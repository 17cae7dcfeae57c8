-- ===== src/Actor/Dispatch.antt =====
-- outdated/mcp-server/src/actor/dispatch.rs: the actor that routes messages and matches replies
-- with requests. A reply channel is its number.
pub mod Replies
pub mod Matching
use symposium.Prelude.{
  ℕ, Bool, true, false, List, [], ◌∷◌, ◌++◌, Option, none, some, Result, ok, err, keep, not,
  if◌then◌else◌,
}
use symposium.Prelude.Text.{Text}
use symposium.Prelude.Assoc
use symposium.Prelude.Assoc.{text_key}
use symposium.Actor.Messages.{
  IpcMessageType, marco, polo, response, store_reference, MessageSender, IpcMessage,
  ResponsePayload,
}

-- serde_json, as far as the actor calls it. `none` is an error.
pub record Serde : Type 1 where
  pub Value : Type 0
  pub response_from : Value → Option (ResponsePayload Value)
  -- the key and the value of a `StoreReferencePayload`
  pub store_reference_from : Value → Option (Text × Value)
  -- `to_value` of a response with a `ReferenceStored`, which has no content, and of a `PoloPayload`
  pub response_to : ResponsePayload (Unit {0}) → Option Value
  pub polo_to : Option Value

module _ (serde : Serde) where
  pub record DispatchActor : Type 0 where
    pub sender : MessageSender
    pub has_reference_handle : Bool
    pub pending_replies : List (Text × ℕ)

  -- What the two receivers of the loop give it.
  pub data Event : Type 0 where
    request : (message : IpcMessage serde.Value) (reply_tx : Option ℕ) → Event
    request_closed : Event
    client_message : IpcMessage serde.Value → Event
    client_closed : Event

  -- What the actor sends: to the client, on a reply channel, to the reference actor.
  pub data Sent : Type 0 where
    to_client : IpcMessage serde.Value → Sent
    reply : (channel : ℕ) (payload : ResponsePayload serde.Value) → Sent
    to_reference : (key : Text) (value : serde.Value) → Sent

-- What the actor meets in a round: whether the client takes messages, which reply channels still
-- have a listener when a reply is sent and when the closed ones are dropped, what the reference
-- actor returns, and a fresh id.
pub record Moment : Type 0 where
  pub client_open : Bool
  pub listens : ℕ → Bool
  pub is_closed : ℕ → Bool
  pub stored : Result Text (Unit {0})
  pub fresh_message_id : Text

module _ (serde : Serde) where
  unfoldable pub send : Moment → IpcMessage serde.Value → List (Sent serde)
  send now message = if now.client_open then to_client message ∷ [] else []

  unfoldable pub new : MessageSender → Bool → DispatchActor serde
  new sender has_reference_handle = record {
    sender = sender;
    has_reference_handle = has_reference_handle;
    pending_replies = [];
  }

  unfoldable pub send_polo : Moment → DispatchActor serde → List (Sent serde)
  unfolding send
  send_polo now s = elim serde.polo_to [
    | none ↦ []
    | some payload ↦ send now (record {
      message_type = polo;
      id = now.fresh_message_id;
      sender = s.sender;
      payload = payload;
    })
  ]

  unfoldable pub respond_to :
      Moment → (id : Text) → Result Text (Unit {0}) → DispatchActor serde → List (Sent serde)
  unfolding send
  respond_to now id result s =
      let payload : ResponsePayload (Unit {0}) = elim result [
        | ok d ↦ record { success = true; error = none; data_payload = some d }
        | err e ↦ record { success = false; error = some e; data_payload = none }
      ] in
      elim (serde.response_to payload) [
        | none ↦ []
        | some value ↦
            send now
              (record { message_type = response; id = id; sender = s.sender; payload = value })
      ]

  unfoldable pub handle_store_reference :
      Moment → IpcMessage serde.Value → DispatchActor serde → List (Sent serde)
  unfolding respond_to
  handle_store_reference now message s = elim (serde.store_reference_from message.payload) [
    | none ↦ []
    | some (key, value) ↦ to_reference key value ∷ respond_to now message.id now.stored s
  ]

  -- `reply_tx.send`
  unfoldable pub send_reply : Moment → ℕ → serde.Value → List (Sent serde)
  send_reply now channel payload = elim (serde.response_from payload) [
    | none ↦ []
    | some p ↦ if now.listens channel then reply channel p ∷ [] else []
  ]

  unfoldable pub handle_response :
      Moment
      → IpcMessage serde.Value
      → DispatchActor serde
      → DispatchActor serde × List (Sent serde)
  unfolding send_reply
  handle_response now message s = elim (Assoc.get message.id s.pending_replies) [
    | none ↦ (s, [])
    | some channel ↦ (
      record s { pending_replies = Assoc.remove message.id s.pending_replies },
      send_reply now channel message.payload,
    )
  ]

  unfoldable pub handle_incoming_message :
      Moment
      → IpcMessage serde.Value
      → DispatchActor serde
      → DispatchActor serde × List (Sent serde)
  unfolding handle_response send_polo handle_store_reference
  handle_incoming_message now message s = elim message.message_type [
    | marco ↦ (s, send_polo now s)
    | response ↦ handle_response now message s
    | store_reference ↦
        (s, (if s.has_reference_handle then handle_store_reference now message s else []))
    | _ ↦ (s, [])
  ]

  unfoldable pub retain : Moment → DispatchActor serde → DispatchActor serde
  retain now s = record s {
    pending_replies = keep (λ (id, channel). not (now.is_closed channel)) s.pending_replies;
  }

  unfoldable pub expect_reply : Text → Option ℕ → DispatchActor serde → DispatchActor serde
  expect_reply id none s = s
  expect_reply id (some channel) s = record s {
    pending_replies = Assoc.insert id channel s.pending_replies;
  }

  -- One round of the loop, and whether the loop goes on: a `break` leaves out the clean-up.
  unfoldable pub round :
      Moment → Event serde → DispatchActor serde → Bool × DispatchActor serde × List (Sent serde)
  unfolding expect_reply retain handle_incoming_message
  round now (request message reply_tx) s =
      let t = expect_reply message.id reply_tx s in
      if now.client_open then (true, retain now t, to_client message ∷ []) else (false, t, [])
  round now request_closed s = (false, s, [])
  round now (client_message message) s =
      let (t, out) = handle_incoming_message now message s in (true, retain now t, out)
  round now client_closed s = (false, s, [])

  -- `run`: the events in the order in which `select!` takes them, each with its moment.
  unfoldable pub run :
      List (Moment × Event serde) → DispatchActor serde → DispatchActor serde × List (Sent serde)
  unfolding round
  run [] s = (s, [])
  run ((now, e) ∷ es) s =
      let (goes_on, t, out) = round now e s in
      let (u, more) = run es t in if goes_on then (u, out ++ more) else (t, out)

_ _ _ _ _ _ _

■ **Try it**: Return only the lines above that run from the opening line through the line containing "pub polo_to : Option Value", exactly as written.

■ **Solution to the problem**:
repository 17cae7dcfeae57c8
-- ===== src/Actor/Dispatch.antt =====
-- outdated/mcp-server/src/actor/dispatch.rs: the actor that routes messages and matches replies
-- with requests. A reply channel is its number.
pub mod Replies
pub mod Matching
use symposium.Prelude.{
  ℕ, Bool, true, false, List, [], ◌∷◌, ◌++◌, Option, none, some, Result, ok, err, keep, not,
  if◌then◌else◌,
}
use symposium.Prelude.Text.{Text}
use symposium.Prelude.Assoc
use symposium.Prelude.Assoc.{text_key}
use symposium.Actor.Messages.{
  IpcMessageType, marco, polo, response, store_reference, MessageSender, IpcMessage,
  ResponsePayload,
}

-- serde_json, as far as the actor calls it. `none` is an error.
pub record Serde : Type 1 where
  pub Value : Type 0
  pub response_from : Value → Option (ResponsePayload Value)
  -- the key and the value of a `StoreReferencePayload`
  pub store_reference_from : Value → Option (Text × Value)
  -- `to_value` of a response with a `ReferenceStored`, which has no content, and of a `PoloPayload`
  pub response_to : ResponsePayload (Unit {0}) → Option Value
  pub polo_to : Option Value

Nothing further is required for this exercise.